Yes, Jon, it appears you're right – Marvin once again seems to be dying (as I've just mentioned in the other recent thread).

And to me, the lack of standard Beta-testing for Marvin 3, and pretending as if the many dozens, perhaps hundreds, of unresolved issues posted to GitHub, didn't exist, were early warning signs. It's certainly nice we got the Marvin 3 upgrade, but it appears to have been a fortuitous, one-off event. The recent 3.1 version is a marginal improvement (I don't use GoodReads in conjunction with Marvin, so it brought nothing for me). At the same time, there are still deficiencies in Marvin 3 introduced during the transition from Marvin 2, that still aren't fixed, and it doesn't seem they ever will be.
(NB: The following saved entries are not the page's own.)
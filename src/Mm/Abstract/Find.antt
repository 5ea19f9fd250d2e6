-- ===== src/Mm/Abstract/Find.antt =====
-- Where a block that was given out stands in the layout, and in two halves of a list.
use cs0330_fall2022_7_malloc.Base.{
  ℕ, ◌+◌, ◌≡◌, ◌≢◌, refl, sym, ap, List, [], ◌∷◌, ◌++◌, Bool, true, false, arith, ◌∙◌, ◌==◌,
  ==-cases, inl, inr, ◌⊎◌,
}
use cs0330_fall2022_7_malloc.Layout.{Blocks, span}
use cs0330_fall2022_7_malloc.Mm.Inv.{allocs}

-- The block stands in the layout, with the others before and after it.
abbrev pub Found : (p q n : ℕ) → Blocks → List (ℕ × ℕ) → List (ℕ × ℕ) → Type 0
Found p q n bs before after =
    (us : Blocks) × (vs : Blocks) × (bs ≡ us ++ ((n, true) ∷ vs))
    × (q ≡ p + span us)
    × (allocs p us ≡ before)
    × (allocs (p + span us + n) vs ≡ after)
    × (n ≢ 16)

Found-shift :
    (p q n m : ℕ) (f : Bool) (bs : Blocks) (before before' after : List (ℕ × ℕ))
    → ((us : Blocks) → allocs (p + m) us ≡ before → allocs p ((m, f) ∷ us) ≡ before')
    → Found (p + m) q n bs before after
    → Found p q n ((m, f) ∷ bs) before' after
Found-shift p q n m f bs before before' after front (us, vs, e, at, b, a, big) =
    let shift : p + (m + span us) + n ≡ p + m + span us + n = omega arith in
    (
      (m, f) ∷ us,
      vs,
      ap (λ t. (m, f) ∷ t) e,
      omega arith,
      front us b,
      ap (λ t. allocs t vs) shift ∙ a,
      big,
    )

pub allocs_find :
    (p q n : ℕ) (bs : Blocks) (before after : List (ℕ × ℕ))
    → allocs p bs ≡ before ++ ((q, n) ∷ after)
    → Found p q n bs before after
allocs_find p q n [] [] after e = absurd (nil_cons e)
  where
    nil_cons : ◌≡◌ {A = List (ℕ × ℕ)} [] ((q, n) ∷ after) → ⊥
    nil_cons e = cc
allocs_find p q n [] (b ∷ before) after e = absurd (nil_cons e)
  where
    nil_cons : ◌≡◌ {A = List (ℕ × ℕ)} [] (b ∷ (before ++ ((q, n) ∷ after))) → ⊥
    nil_cons e = cc
allocs_find p q n ((m, false) ∷ bs) before after e =
    Found-shift p q n m false bs before before after (λ us h. h)
      (allocs_find (p + m) q n bs before after e)
allocs_find p q n ((m, true) ∷ bs) [] after e = elim (==-cases m 16) [
  | inl tag ↦
      let test : (m == 16) ≡ true = tag.1 in
      Found-shift p q n m true bs [] [] after (λ us h. rw test h)
        (allocs_find (p + m) q n bs [] after (sym (rw test refl) ∙ e))
  | inr big ↦ let test : (m == 16) ≡ false = big.1 in here big.0 (sym (rw test refl) ∙ e)
]
  where
    here :
        m ≢ 16
        → ((p, m) ∷ allocs (p + m) bs) ≡ ((q, n) ∷ after)
        → Found p q n ((m, true) ∷ bs) [] after
    here big e =
        let at : p ≡ q = cc in
        let size : m ≡ n = cc in
        let rest : allocs (p + m) bs ≡ after = cc in
        let shift : p + 0 + n ≡ p + m = omega arith in
        (
          [],
          bs,
          ap (λ t. (t, true) ∷ bs) size,
          omega arith,
          refl,
          ap (λ t. allocs t bs) shift ∙ rest,
          λ e'. big (size ∙ e'),
        )
allocs_find p q n ((m, true) ∷ bs) (b ∷ before) after e = elim (==-cases m 16) [
  | inl tag ↦
      let test : (m == 16) ≡ true = tag.1 in
      Found-shift p q n m true bs (b ∷ before) (b ∷ before) after (λ us h. rw test h)
        (allocs_find (p + m) q n bs (b ∷ before) after (sym (rw test refl) ∙ e))
  | inr big ↦
      let test : (m == 16) ≡ false = big.1 in
      let e' : ((p, m) ∷ allocs (p + m) bs) ≡ (b ∷ (before ++ ((q, n) ∷ after))) =
        sym (rw test refl) ∙ e in
      let rest : allocs (p + m) bs ≡ before ++ ((q, n) ∷ after) = cc in
      let first : (p, m) ≡ b = cc in
      Found-shift p q n m true bs before (b ∷ before) after
        (λ us h. rw test (ap (λ t. (p, m) ∷ t) h ∙ ap (λ t. t ∷ before) first))
        (allocs_find (p + m) q n bs before after rest)
]

-- An element that stands in two joined lists stands in one of them.
pub split_join :
    (b : ℕ × ℕ) (xs ys before after : List (ℕ × ℕ))
    → xs ++ ys ≡ before ++ (b ∷ after)
    → ((mid : List (ℕ × ℕ)) × (xs ≡ before ++ (b ∷ mid)) × (after ≡ mid ++ ys))
      ⊎ ((mid : List (ℕ × ℕ)) × (before ≡ xs ++ mid) × (ys ≡ mid ++ (b ∷ after)))
split_join b [] ys before after e = inr (before, refl, e)
split_join b (x ∷ xs) ys [] after e =
    let first : x ≡ b = cc in
    let rest : xs ++ ys ≡ after = cc in inl (xs, ap (λ t. t ∷ xs) first, sym rest)
split_join b (x ∷ xs) ys (c ∷ before) after e =
    let first : x ≡ c = cc in
    let rest : xs ++ ys ≡ before ++ (b ∷ after) = cc in
    elim (split_join b xs ys before after rest) [
      | inl (mid, e₁, e₂) ↦
          inl (mid, ap (λ t. x ∷ t) e₁ ∙ ap (λ t. t ∷ (before ++ (b ∷ mid))) first, e₂)
      | inr (mid, e₁, e₂) ↦
          inr (mid, ap (λ t. c ∷ t) e₁ ∙ ap (λ t. t ∷ (xs ++ mid)) (sym first), e₂)
    ]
What can we do? I'm still sticking with Marvin for now, because it still offers several unique features not available in competing e-readers, but I'm certainly also forced to look at alternatives now, such as Hyphen and MapleRead. For 5 years or so now, some of us have been waiting for the no. 1 crucial missing feature to be added to Marvin –
syncing annotations. (Really, in today's world, when most people own both a phone and a tablet, the lack of annotations syncing cannot be excused away.) Some have already ditched Marvin due to this missing feature (and they also require annotations syncing with their desktop environments), but I'm still holding on to Marvin for now, painfully collating, manually, my annotations from the various devices whenever I finish reading a book. But it's definitely not a long-term, professional solution.